I went to home depot the other day and got xenon bulbs for my 2c and for my 2AA mini mag, then I set up the camera and did some beamshot test on manual. both of the xenon bulbs where noticeably whiter. The 2C bulbs where a tiny bit brighter and the minimag bulb was quite a bit brighter.


----------



## Mr.Penny (Nov 22, 2009)

*Re: 2AA Mini-Maglite; Krypton vs. Xenon bulbs*



slappomatt said:


> I went to home depot the other day and got xenon bulbs for my 2c and for my 2AA mini mag, then I set up the camera and did some beamshot test on manual. both of the xenon bulbs where noticeably whiter. The 2C bulbs where a tiny bit brighter and the minimag bulb was quite a bit brighter.



Could you post the beamshots?


----------



## slappomatt (Nov 23, 2009)

*Re: 2AA Mini-Maglite; Krypton vs. Xenon bulbs*

Sure. here we go shot down the hall at about 25 feet.

stock 2C Maglight 






next we have the 2C Maglight with the Xenon. Both pretty pathetic IMHO. The minimag is actually ALOT brighter than either of the 2 2C mag bulbs. Main thing I noticed with the xenon was its alot less yellow. (even though its still quite yellow)










ok here we have the stock 2AA MiniMag with NIMH rechargeables in it. 





Minimag with Xenon and rechargeables






and lastly the MiniMag Xenon with duracell Alkalines in it.


----------



## TheInvader (Nov 23, 2009)

*Re: 2AA Mini-Maglite; Krypton vs. Xenon bulbs*

Reflector for the Mini Mag seems to be optimized with the usage of the xenon bulb. How many lumens would you guess? I only have a 3D, and the 2D xenon I once bought flashed, so I never have gotten any usage outside with xenon bulbs.


----------



## mvyrmnd (Nov 24, 2009)

Just a little help for those trying to determine which bulb they have:

On the left in the Red: Stock Vacuum Bulb
On the right in Grey: Xenon replacement bulb






Found mine in an outdoor/Army surplus shop.

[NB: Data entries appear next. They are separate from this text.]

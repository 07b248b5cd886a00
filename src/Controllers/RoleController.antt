-- ===== src/Controllers/RoleController.antt =====
-- controllers/RoleController.cc: the handlers of roles. `client` is what `connect` leaves,
-- `enabled` the flag of the cache, and a request's JSON body is none where it does not parse.
use drogon_api_starter.Prelude.{
  ℕ, String, Bool, true, false, Option, none, some, List, if◌then◌else◌,
}
use drogon_api_starter.Prelude.Dict.{or_else}
use drogon_api_starter.Result.{Result, ok, err}
use drogon_api_starter.Action.{
  Action, done, lift, try_catch, on_std_exception, on_std_exception_what, on_invalid_argument,
  ◌>>=◌,
}
use drogon_api_starter.Json.{JsonLib}
use drogon_api_starter.Cache.{get, set, erase_prefix}
use drogon_api_starter.Pagination.{PageRequest, from, cache_key}
use drogon_api_starter.Pagination.Response.{to_json as page_to_json}
use drogon_api_starter.Platform.{Platform, Moment, World, on_db, on_redis}
use drogon_api_starter.Models.Roles.{Roles, to_json}
use drogon_api_starter.Services.RoleService.{
  list_roles, find_by_id, create_role, update_role, delete_role, to_public_json,
}
use drogon_api_starter.Controllers.Base.{Response, handle_response, error_response, no_content}
pub mod Writes

module _ (P : Platform) (enabled client : Bool) where
  abbrev Handler : Type 0
  Handler = Action (World P) (Response P.json.Value)

  -- The branch without a database client.
  abbrev pub with_client : Handler → Handler
  with_client handler =
      if client then handler else done (error_response P.json "Unable to connect to database" 500)

  -- The cached page, where there is one and it parses.
  abbrev pub cached_page : Option String → Option P.json.Value
  cached_page none = none
  cached_page (some text) = P.json.parse text

  -- The page from the database, which goes to the cache for 30 seconds.
  unfoldable pub fetch_page : PageRequest → String → Handler
  fetch_page page_request key = on_db (list_roles P page_request) >>= λ page.
      let results = page_to_json P.json P.int_overflow (to_public_json P) page in
      on_redis (set P.redis enabled key (P.json.write results) 30) >>= λ _.
      done (handle_response P.json results 200)

  -- `if (parsed) { callback(handleResponse(cachedResponse, k200OK)); return; }`
  abbrev pub answer_or : Option P.json.Value → Handler → Handler
  answer_or none rest = rest
  answer_or (some response) rest = done (handle_response P.json response 200)

  unfoldable pub page_response : PageRequest → Handler
  page_response page_request =
      let key = cache_key page_request "roles" in
      on_redis (get P.redis enabled key) >>= λ cached.
      answer_or (cached_page cached) (fetch_page page_request key)

  unfoldable pub get_roles : List (String × String) → Handler
  get_roles parameters = with_client (
      try_catch (lift (from parameters) >>= page_response)
        (on_std_exception_what (λ what. done (error_response P.json what 500))))

  abbrev pub row_response : Option (Roles P.Date) → Handler
  row_response none = done (error_response P.json "Record not found" 404)
  row_response (some row) = done (handle_response P.json (to_public_json P row) 200)

  unfoldable pub get_role_by_id : String → Handler
  get_role_by_id id = with_client (on_db (find_by_id P id) >>= λ row. row_response row)

  -- `jsonBody ? *jsonBody : Json::Value()`
  abbrev pub body_or_null : Option P.json.Value → P.json.Value
  body_or_null body = or_else body P.json.null

  unfoldable pub create_role_handler : Moment P → Option P.json.Value → Handler
  create_role_handler moment body = with_client (
      try_catch
        (on_db (create_role P moment (body_or_null body)) >>= λ row.
          on_redis (erase_prefix P.redis enabled "roles:") >>= λ _.
          done (handle_response P.json (to_json P.json P.to_db_string_local row) 201))
        (on_invalid_argument (λ _. done (error_response P.json "Missing data in JSON body" 400))
          (on_std_exception (done (error_response P.json "Unable to create role" 500)))))

  unfoldable pub update_role_by_id : Moment P → String → Option P.json.Value → Handler
  update_role_by_id moment role_id body = with_client (
      try_catch
        (on_db (update_role P moment role_id (body_or_null body)) >>= λ row.
          on_redis (erase_prefix P.redis enabled "roles:") >>= λ _.
          done (handle_response P.json (to_json P.json P.to_db_string_local row) 200))
        (on_invalid_argument
          (λ _. done (error_response P.json "Request body must contain name and description" 400))
          (on_std_exception (done (error_response P.json "Unable to update role" 500)))))

  -- What follows the query of a deletion.
  abbrev pub delete_answer : Bool → Handler
  delete_answer deleted = on_redis (erase_prefix P.redis enabled "roles:") >>= λ _.
      if deleted
      then done (no_content P.json)
      else done (error_response P.json "Record not found" 400)

  unfoldable pub delete_role_by_id : String → Handler
  delete_role_by_id role_id = with_client (on_db (delete_role P role_id) >>= delete_answer)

Thanks to american profiteering, they cost $5.95 AUD.

"Come to Australia, where you might accidentally get killed, for Mag-Lite parts you'll be shilled..."


----------



## Burgess (Nov 24, 2009)

Thank you for that comparison photograph.

:thumbsup:


Do these Xenon bulbs *Blacken with Age*, like the original bulbs ?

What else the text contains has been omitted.